Now Reading: Coupling Magma-ocean And Atmospheres In Spectral Retrievals Of Sub-Neptunes
-
01
Coupling Magma-ocean And Atmospheres In Spectral Retrievals Of Sub-Neptunes
Schematics of the MELTYQ coupled magma-atmosphere retrieval. The model is valid for sub-Neptune hosting a thick H2-rich atmosphere with enough surface temperature to melt rocks. The model splits the planet in three regions: a rocky core, a deep atmosphere, and an upper atmosphere. The chemistry is coupled allowing to retrieve the composition of the rocky magma via it’s influence on the observable atmosphere. — astro-ph.EP
Recent high-precision atmospheric observations with JWST is enabling detailed characterization of sub-Neptune atmospheres and motivating efforts to understand and constrain their interiors.
Theoretical studies suggest that sub-Neptunes possibly host hydrogen-dominated atmospheres that are chemically coupled with an underlying magma ocean. However, a quantitative retrieval framework directly linking atmospheric spectra to magma ocean properties has yet to be established. Here we introduce MELTYQ, a coupled magma-atmosphere retrieval framework that links transmission spectra to the oxidation state and volatile inventory of underlying magma oceans.

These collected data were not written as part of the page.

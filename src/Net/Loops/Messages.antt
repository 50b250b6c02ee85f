-- ===== src/Net/Loops/Messages.antt =====
-- The messages that are still to come on a connection.
use golang_tools.Base.{
  ℕ, zero, suc, ◌<◌, ◌≡◌, refl, ap, ◌∙◌, sym, arith, List, [], ◌∷◌, none, some, Option-cases, inl,
  inr,
}
use golang_tools.Net.{ClientMsg}
use golang_tools.Net.Loops.{Codec}

module _ {In Frame : Type 0} (codec : Codec In Frame) where
  -- At most so many.
  unfoldable pub first_messages : ℕ → In → List ClientMsg
  first_messages zero i = []
  first_messages (suc n) i = elim (codec.next i) [
    | none ↦ []
    | some (m, rest) ↦ m ∷ first_messages n rest
  ]

  -- All, since each uses up some of what is to come.
  unfoldable pub messages : In → List ClientMsg
  messages i = first_messages (suc (codec.size i)) i

  first_messages-none : (n : ℕ) (i : In) → codec.next i ≡ none → first_messages n i ≡ []
  unfolding first_messages
  first_messages-none zero i h = refl
  first_messages-none (suc n) i h =
      ap (λ o. elim o [ none ↦ [] | some (m, rest) ↦ m ∷ first_messages n rest ]) h

  first_messages-some :
      (n : ℕ) (i rest : In) (m : ClientMsg)
      → codec.next i ≡ some (m, rest)
      → first_messages (suc n) i ≡ m ∷ first_messages n rest
  unfolding first_messages
  first_messages-some n i rest m h =
      ap (λ o. elim o [ none ↦ [] | some (m', rest') ↦ m' ∷ first_messages n rest' ]) h

  first_messages_enough :
      (n k : ℕ) (i : In)
      → codec.size i < n
      → codec.size i < k
      → first_messages n i ≡ first_messages k i
  first_messages_enough zero k i hn hk = absurd (omega arith)
  first_messages_enough (suc n) zero i hn hk = absurd (omega arith)
  first_messages_enough (suc n) (suc k) i hn hk = elim (Option-cases (codec.next i)) [
    | inl over ↦ first_messages-none (suc n) i over ∙ sym (first_messages-none (suc k) i over)
    | inr ((m, rest), e) ↦
        (let less = codec.size_next i rest m e in
          first_messages-some n i rest m e
          ∙ ap (◌∷◌ m) (first_messages_enough n k rest (omega (arith, less)) (omega (arith, less)))
          ∙ sym (first_messages-some k i rest m e))
  ]

  pub messages-none : (i : In) → codec.next i ≡ none → messages i ≡ []
  unfolding messages
  messages-none i h = first_messages-none (suc (codec.size i)) i h

  pub messages-some :
      (i rest : In) (m : ClientMsg) → codec.next i ≡ some (m, rest) → messages i ≡ m ∷ messages rest
  unfolding messages
  messages-some i rest m h =
      let less = codec.size_next i rest m h in
      first_messages-some (codec.size i) i rest m h
      ∙ ap (◌∷◌ m) (
          first_messages_enough (codec.size i) (suc (codec.size rest)) rest (omega (arith, less))
            (omega arith))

MELTYQ combines a magma-atmosphere equilibrium model, which includes the solubility of H-/O-/C-/N-bearing species in the melt and redox reactions, with a Bayesian spectral retrieval scheme. Using simulated retrieval tests, we validate the approach and show that magma redox state and volatile content can be constrained under favorable observational conditions.
As a proof of concept, we apply MELTYQ to JWST transmission spectra of the benchmark sub-Neptunes K2-18 b and TOI-270 d. We find that coupled magma-atmosphere retrievals are generally capable of reproducing the observed spectra of these planets. However, we identify several key limitations in the current framework. Specifically: more flexible free-retrieval approaches remain statistically preferred; the CO/CO2 absorption feature near 4.5 μm for TOI-270 d is not fully captured; and a number of underlying model assumptions may not be strictly valid.
Nevertheless, embedding coupled magma-atmosphere models directly within Bayesian retrievals enables quantitative assessment of degeneracies and sensitivities, establishing a pathway for directly connecting atmospheric spectra to magma composition in this underexplored exoplanet regime.
Yuichi Ito, Quentin Changeat
Comments: 22 pages, 9 figures, accepted in ApJ
Subjects: Earth and Planetary Astrophysics (astro-ph.EP)
Cite as: arXiv:2605.08752 [astro-ph.EP](or arXiv:2605.08752v1 [astro-ph.EP] for this version)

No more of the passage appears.